Vaccines that protect against foot-and-mouth disease are available and are often used to help prevent the spread of the disease. However, once an outbreak of foot-and-mouth disease begins it may be too late for vaccines to stop its spread. This is because the vaccines can take about a week to provide protection, and by that time an exposed animal may already be very ill.
Previous work conducted in 2010 reported that mice could be genetically engineered to produce short stretches of RNA molecules that can switch off genes from the foot-and-mouth disease virus. Compared with normal mice infected with the foot-and-mouth disease virus, the genetically engineered mice showed little sign of the disease in their bodies. Now, Hu, Qiao, Fu et al.—including some of the researchers involved in the 2010 work—have genetically engineered pigs in the same way.
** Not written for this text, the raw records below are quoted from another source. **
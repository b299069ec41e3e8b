-- ===== src/Rbac/State.antt =====
-- rbac/map.rs and rbac/mod.rs: the four global maps as one state, and the facade `Users` over it.
-- The streams stand for `PARSEABLE.get_stream` and the type of the stream that it returns.
pub mod Decision
pub mod Privileges
pub mod Login
pub mod Administrative
use parseable.Prelude.{
  string_eq, ℕ, Bool, true, false, ◌&&◌, ◌||◌, Option, none, some, List, [], ◌++◌, ◌==◌, String,
  if◌then◌else◌, any, concat_map,
}
use parseable.Dict
use parseable.Dict.{Dict}
use parseable.Rbac.Action
use parseable.Rbac.Action.{action_eqb, Action, action_eq, get_user_roles}
use parseable.Rbac.Role.{
  Permission, unit, resource, self_user, stream, llm, all, DefaultPrivilege, privilege_permissions,
}
use parseable.Rbac.User
use parseable.Rbac.User.{User, UserGroup, UserType, Basic, native, oauth}
use parseable.Rbac.Sessions
use parseable.Rbac.Sessions.{Sessions, SessionKey, basic_auth, session_id, key_eq, track_new}

-- storage/mod.rs
pub data StreamType : Type 0 where
  user_defined internal : StreamType

pub record State : Type 0 where
  pub users : Dict String User
  pub roles : Dict String (List DefaultPrivilege)
  pub user_groups : Dict String UserGroup
  pub sessions : Sessions
  pub streams : Dict String StreamType

pub data Response : Type 0 where
  authorized unauthorized reload_required : Response

abbrev pub or_empty {ℓ} : {A : Type ℓ} → Option (List A) → List A
or_empty none = []
or_empty (some l) = l

-- The privileges of one role, each built to permissions; a role that is not there gives none.
unfoldable pub role_permissions : Dict String (List DefaultPrivilege) → String → List Permission
role_permissions roles name = concat_map privilege_permissions (or_empty (Dict.get roles name))

unfoldable pub roles_to_permission : State → List String → List Permission
unfolding role_permissions
roles_to_permission st names = concat_map (role_permissions st.roles) names

-- One round of the loop over the groups of a user; a group that is not there gives none.
abbrev pub permissions_of_group :
    Dict String (List DefaultPrivilege) → Option UserGroup → List Permission
permissions_of_group roles none = []
permissions_of_group roles (some group) = concat_map (role_permissions roles) group.roles

unfoldable pub group_permissions : State → String → List Permission
unfolding role_permissions
group_permissions st name = permissions_of_group st.roles (Dict.get st.user_groups name)

abbrev pub permissions_of_user : State → Option User → List Permission
permissions_of_user st none = []
permissions_of_user st (some user) = concat_map (group_permissions st) user.user_groups

unfoldable pub aggregate_group_permissions : State → String → List Permission
unfolding group_permissions
aggregate_group_permissions st username = permissions_of_user st (Dict.get st.users username)

abbrev pub type_is_internal : Option StreamType → Bool
type_is_internal (some internal) = true
type_is_internal _ = false

unfoldable pub is_internal : State → String → Bool
is_internal st name = type_is_internal (Dict.get st.streams name)

-- The resource test of a permission that names one resource.
unfoldable pub ok_resource : State → Option String → String → Bool
unfolding is_internal
ok_resource st none id = true
ok_resource st (some context) id = id == context || id == "*" || is_internal st context

abbrev pub is_context_user : Option String → String → Bool
is_context_user none username = false
is_context_user (some x) username = x == username

-- The closure of `any` in `check_auth`.
unfoldable pub allows : State → Action → Option String → Option String → String → Permission → Bool
unfolding ok_resource action_eqb
allows st required context context_user username (unit a) = a == required || a == Action.all
allows st required context context_user username (resource a (stream id)) =
    (a == required || a == Action.all) && ok_resource st context id
allows st required context context_user username (resource a (llm id)) =
    (a == required || a == Action.all) && ok_resource st context id
allows st required context context_user username (resource a all) = a == required || a == Action.all
allows st required context context_user username self_user =
    required == get_user_roles && is_context_user context_user username

unfoldable pub check_auth :
    State → SessionKey → Action → Option String → Option String → Option Response
check_auth st key required context context_user = elim (Dict.get st.sessions.active_sessions key) [
  | none ↦ none
  | some (username, perms) ↦ some (
      if any (allows st required context context_user username)
        (perms ++ aggregate_group_permissions st username)
      then authorized
      else unauthorized)
]

-- `verify hash password` is the check of the argon2 library; `max_utc` is chrono's latest time.
module _ (verify : String → String → Bool) (now max_utc : ℕ) where
  -- The branch of `authorize` for a native user whose name is that of the key; `none` is the panic
  -- of `expect`.
  unfoldable pub reload :
      State
      → String
      → String
      → Action
      → Option String
      → Option String
      → User
      → Basic
      → Option (Response × State)
  reload st username password required context context_user user basic =
      if verify basic.password_hash password
      then (let st' : State = record st {
        sessions =
            track_new now st.sessions username (basic_auth username password) max_utc
              (roles_to_permission st user.roles);
      } in
          elim (check_auth st' (basic_auth username password) required context context_user) [
            | none ↦ none
            | some res ↦ some (res, st')
          ])
      else some (unauthorized, st)

  unfoldable pub authorize_user :
      State
      → String
      → String
      → Action
      → Option String
      → Option String
      → User
      → UserType
      → Option (Response × State)
  unfolding reload
  authorize_user st username password required context context_user user (native basic) =
      reload st username password required context context_user user basic
  authorize_user st username password required context context_user user (oauth o) =
      some (unauthorized, st)

  unfoldable pub authorize_key :
      State → SessionKey → Action → Option String → Option String → Option (Response × State)
  unfolding authorize_user
  authorize_key st (session_id n) required context context_user = some (reload_required, st)
  authorize_key st (basic_auth username password) required context context_user =
      elim (Dict.get st.users username) [
        | none ↦ some (unauthorized, st)
        | some user ↦ authorize_user st username password required context context_user user user.ty
      ]

  unfoldable pub authorize :
      State → SessionKey → Action → Option String → Option String → Option (Response × State)
  unfolding authorize_key
  authorize st key required context context_user =
      elim (check_auth st key required context context_user) [
        | some res ↦ some (res, st)
        | none ↦ authorize_key st key required context context_user
      ]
The experiments show that when cells from these pigs are exposed to the foot-and-mouth disease virus in the laboratory, the virus grows much less than normal.
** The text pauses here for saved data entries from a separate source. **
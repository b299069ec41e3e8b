-- ===== src/Validator.antt =====
-- validator.rs: `stream_name` and `user_role_name`. A character is its code point. Rust's tables of
-- Unicode are parameters: `to_lowercase`, and `is_alphanumeric` beyond ASCII.

pub mod Names
use Prim.Native.Char.{Char, code}
use Prim.Native.String.{[] as nil, ◌∷◌ as ◌∷ˢ◌}
use parseable.Prelude.{
  is_empty, string_eq, ℕ, ◌+◌, Bool, true, false, not, ◌&&◌, ◌||◌, Option, none, some, List, [],
  ◌∷◌, ◌==◌, String, if◌then◌else◌, contains, eqb, leb, ltb,
}
use parseable.Rbac.State.{StreamType, user_defined, internal}
use parseable.Results.{Result, ok, err, ◌>>◌}

pub data StreamNameValidationError : Type 0 where
  empty_name : StreamNameValidationError
  name_special_char : ℕ → StreamNameValidationError
  name_white_space sql_keyword internal_stream : String → StreamNameValidationError

pub data UsernameValidationError : Type 0 where
  invalid_length reserved_name invalid_end_char consecutive_special_chars invalid_character :
      UsernameValidationError

-- `str::chars`
abbrev pub chars : String → List ℕ
chars nil = []
chars (◌∷ˢ◌ c s) = code c ∷ chars s

-- `str::len` counts the bytes of UTF-8.
abbrev pub utf8_bytes : ℕ → ℕ
utf8_bytes c = if ltb c 128 then 1 else if ltb c 2048 then 2 else if ltb c 65536 then 3 else 4

abbrev pub byte_length : List ℕ → ℕ
byte_length [] = 0
byte_length (c ∷ cs) = utf8_bytes c + byte_length cs

abbrev pub denied_names : List String
denied_names =
    "select" ∷ "from" ∷ "where" ∷ "group" ∷ "by" ∷ "order" ∷ "limit" ∷ "offset" ∷ "join" ∷ "and"
    ∷ "sql" ∷ []

abbrev pub reserved_names : List String
reserved_names =
    "admin" ∷ "user" ∷ "role" ∷ "null" ∷ "undefined" ∷ "none" ∷ "empty" ∷ "password" ∷ "username"
    ∷ []

-- `ALLOWED_SPECIAL_CHARS`: `-` and `_`
unfoldable pub is_allowed_special : ℕ → Bool
is_allowed_special c = eqb c 45 || eqb c 95

abbrev pub is_internal_type : StreamType → Bool
is_internal_type internal = true
is_internal_type user_defined = false

-- The loop over the characters of a stream name.
module _ (is_alphanumeric : ℕ → Bool) where
  unfoldable pub check_chars : String → List ℕ → Result StreamNameValidationError (Unit {0})
  unfolding is_allowed_special
  check_chars name [] = ok tt
  check_chars name (c ∷ cs) =
      let rest = check_chars name cs in
      if eqb c 32
      then err (name_white_space name)
      else if not (is_alphanumeric c) && not (is_allowed_special c)
      then err (name_special_char c)
      else rest

  unfoldable pub stream_name : String → StreamType → Result StreamNameValidationError (Unit {0})
  unfolding check_chars
  stream_name name stream_type =
      if is_empty (chars name)
      then err empty_name
      else check_chars name (chars name)
        >> (if contains denied_names name
            then err (sql_keyword name)
            else if is_internal_type stream_type
            then err (internal_stream name)
            else ok tt)

abbrev between : ℕ → ℕ → ℕ → Bool
between a b c = leb a c && leb c b

-- `char::is_ascii_alphanumeric`
unfoldable pub is_ascii_alphanumeric : ℕ → Bool
is_ascii_alphanumeric c = between 48 57 c || between 65 90 c || between 97 122 c

-- `_`, `-`, `.` and `@`
unfoldable pub is_special : ℕ → Bool
is_special c = eqb c 95 || eqb c 45 || eqb c 46 || eqb c 64

abbrev pub last : List ℕ → Option ℕ
last [] = none
last (c ∷ []) = some c
last (c ∷ d ∷ cs) = last (d ∷ cs)

-- The loop of `user_role_name`.
unfoldable pub check_name_chars : Bool → List ℕ → Result UsernameValidationError (Unit {0})
unfolding is_ascii_alphanumeric is_special
check_name_chars prev_was_special [] = ok tt
check_name_chars prev_was_special (c ∷ cs) =
    let after_alphanumeric = check_name_chars false cs in
    let after_special = check_name_chars true cs in
    if is_ascii_alphanumeric c
    then after_alphanumeric
    else if is_special c
    then (if prev_was_special then err consecutive_special_chars else after_special)
    else err invalid_character

abbrev pub ends_in_alphanumeric : Option ℕ → Bool
ends_in_alphanumeric none = true
ends_in_alphanumeric (some c) = is_ascii_alphanumeric c

-- `user_role_name` on the name in lower case.
unfoldable pub check_lowered : String → Result UsernameValidationError (Unit {0})
unfolding check_name_chars
check_lowered name =
    if ltb (byte_length (chars name)) 3 || ltb 64 (byte_length (chars name))
    then err invalid_length
    else if contains reserved_names name
    then err reserved_name
    else if not (ends_in_alphanumeric (last (chars name)))
    then err invalid_end_char
    else check_name_chars false (chars name)

unfoldable pub user_role_name :
    (String → String) → String → Result UsernameValidationError (Unit {0})
unfolding check_lowered
user_role_name to_lowercase name = check_lowered (to_lowercase name)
Next, Hu, Qiao, Fu et al. injected genetically engineered pigs and non-genetically engineered pigs with the virus. All of the normal pigs developed severe symptoms very quickly, including the disease's characteristic mouth and foot sores. Additionally, examinations of these pigs' cells showed signs of the disease. But the genetically engineered pigs did not become seriously ill and their cells showed little sign of the disease. Some of the genetically engineered pigs developed a few sores but these sores appeared much later than normal. So far, the results suggest that it may be possible to develop pigs that are resistant to foot-and-mouth disease. Hu, Qiao, Fu et al. will next determine whether or not the genetically engineered pigs can pass the foot-and-mouth virus on to other pigs and livestock.
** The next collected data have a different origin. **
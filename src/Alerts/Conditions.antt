-- ===== src/Alerts/Conditions.antt =====
-- alerts/alerts_utils.rs: `get_filter_string`, the SQL text of the conditions of a filter. A text is
-- its characters. `format_f64` is the parsing to an `f64` and its printing.
pub mod Filter
pub mod Reading
pub mod Literals
mod Tests
use parseable.Prelude.{
  ℕ, Bool, true, false, ◌||◌, Option, none, some, List, [], ◌∷◌, ◌++◌, String, if◌then◌else◌, eqb,
  concat_map,
}
use parseable.Validator.{chars}
use parseable.Results.{Result, ok, err, ◌>>=◌}

pub data LogicalOperator : Type 0 where
  and or : LogicalOperator

pub data WhereConfigOperator : Type 0 where
  equal not_equal less_than greater_than less_than_or_equal greater_than_or_equal :
      WhereConfigOperator
  is_null is_not_null ilike contains begins_with ends_with : WhereConfigOperator
  does_not_contain does_not_begin_with does_not_end_with : WhereConfigOperator

pub record ConditionConfig : Type 0 where
  pub column : List ℕ
  pub operator : WhereConfigOperator
  pub value : Option (List ℕ)
  pub column_type : Option (List ℕ)

pub record Conditions : Type 0 where
  pub operator : Option LogicalOperator
  pub condition_config : List ConditionConfig

-- `WhereConfigOperator::as_str`
abbrev pub as_str : WhereConfigOperator → List ℕ
as_str equal = chars "="
as_str not_equal = chars "!="
as_str less_than = chars "<"
as_str greater_than = chars ">"
as_str less_than_or_equal = chars "<="
as_str greater_than_or_equal = chars ">="
as_str is_null = chars "is null"
as_str is_not_null = chars "is not null"
as_str ilike = chars "ilike"
as_str contains = chars "contains"
as_str begins_with = chars "begins with"
as_str ends_with = chars "ends with"
as_str does_not_contain = chars "does not contain"
as_str does_not_begin_with = chars "does not begin with"
as_str does_not_end_with = chars "does not end with"

-- The characters `'`, `%`, `_` and `\`.
abbrev pub quote : ℕ
quote = 39

abbrev pub percent : ℕ
percent = 37

abbrev pub underscore : ℕ
underscore = 95

abbrev pub backslash : ℕ
backslash = 92

-- `str::replace` of a character
unfoldable pub replace : ℕ → List ℕ → List ℕ → List ℕ
replace from to [] = []
replace from to (c ∷ cs) = (if eqb c from then to else c ∷ []) ++ replace from to cs

unfoldable pub escape_like : List ℕ → List ℕ
unfolding replace
escape_like value = replace underscore (backslash ∷ underscore ∷ []) (
    replace percent (backslash ∷ percent ∷ [])
      (replace quote (quote ∷ quote ∷ []) (replace backslash (backslash ∷ backslash ∷ []) value)))

-- `'..'` with the quotes of the value doubled
unfoldable pub string_literal : List ℕ → List ℕ
unfolding replace
string_literal value = quote ∷ replace quote (quote ∷ quote ∷ []) value ++ quote ∷ []

-- `'%..%'`, where each `%` is there or not
unfoldable pub like_literal : (before after : Bool) → List ℕ → List ℕ
unfolding escape_like
like_literal before after value =
    quote ∷ (if before then percent ∷ [] else [])
    ++ escape_like value
    ++ (if after then percent ∷ [] else [])
    ++ quote ∷ []

unfoldable pub like : String → (before after : Bool) → List ℕ → List ℕ
unfolding like_literal
like keyword before after value =
    chars keyword ++ like_literal before after value ++ chars " ESCAPE '\\'"

abbrev pub eq_text : List ℕ → List ℕ → Bool
eq_text [] [] = true
eq_text (c ∷ cs) (d ∷ ds) = let rest = eq_text cs ds in if eqb c d then rest else false
eq_text _ _ = false

-- `str::starts_with`
abbrev pub starts_with : List ℕ → List ℕ → Bool
starts_with cs [] = true
starts_with [] (d ∷ ds) = false
starts_with (c ∷ cs) (d ∷ ds) = let rest = starts_with cs ds in if eqb c d then rest else false

abbrev parse_bool : List ℕ → Bool
parse_bool value = eq_text value (chars "true") || eq_text value (chars "false")

abbrev pub quoted : List ℕ → List ℕ
quoted column = 34 ∷ column ++ 34 ∷ []

module _ (format_f64 : List ℕ → Option (List ℕ)) where
  abbrev number_or : Result (List ℕ) (List ℕ) → List ℕ → Result (List ℕ) (List ℕ)
  number_or other value = elim (format_f64 value) [ none ↦ other | some n ↦ ok n ]

  -- The value where the operator is no pattern: by the type of its column, or by what it parses to.
  unfoldable pub formatted : Option (List ℕ) → List ℕ → Result (List ℕ) (List ℕ)
  unfolding string_literal
  formatted none value =
      number_or (ok (if parse_bool value then value else string_literal value)) value
  formatted (some t) value =
      if eq_text t (chars "bool") || eq_text t (chars "boolean")
      then (if parse_bool value then ok value else err (chars "Invalid boolean literal: " ++ value))
      else if eq_text t (chars "int") || eq_text t (chars "float") || eq_text t (chars "number")
      then number_or (err (chars "Invalid numeric literal: " ++ value)) value
      else ok (string_literal value)

  unfoldable pub operator_and_value :
      WhereConfigOperator → List ℕ → Option (List ℕ) → Result (List ℕ) (List ℕ)
  unfolding like formatted
  operator_and_value contains value t = ok (like "LIKE " true true value)
  operator_and_value does_not_contain value t = ok (like "NOT LIKE " true true value)
  operator_and_value ilike value t = ok (like "ILIKE " true true value)
  operator_and_value begins_with value t = ok (like "LIKE " false true value)
  operator_and_value does_not_begin_with value t = ok (like "NOT LIKE " false true value)
  operator_and_value ends_with value t = ok (like "LIKE " true false value)
  operator_and_value does_not_end_with value t = ok (like "NOT LIKE " true false value)
  operator_and_value operator value t = do
    text ← formatted t value
    ok (as_str operator ++ chars " " ++ text)

  unfoldable pub scalar_condition_expr :
      List ℕ → WhereConfigOperator → List ℕ → Option (List ℕ) → Result (List ℕ) (List ℕ)
  unfolding operator_and_value
  scalar_condition_expr column operator value t = do
    text ← operator_and_value operator value t
    ok (quoted column ++ chars " " ++ text)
https://doi.org/10.7554/eLife.06951.002Introduction
Foot-and-mouth disease (FMD) is an acute and highly contagious disease of cloven-hoofed animals, including cattle, pigs, sheep and goats and more than 70 wildlife species, and is devastating especially in young animals (Grubman and Baxt, 2004). The etiological agent of FMD is foot-and-mouth disease virus (FMDV), which belongs to the genus aphthovirus of the family Picornaviridae (Bachrach, 1968). Some control strategies including eradication, vaccination, selective test and slaughter have been widely used for preventing FMDV infection (Leforban, 1999; Barnett and Carabin, 2002), but diseases caused by FMDV remain prevalent in pigs and cattle all over the world owing to the absence of reciprocal protection among several FMDV serotypes (Haydon et al., 2001).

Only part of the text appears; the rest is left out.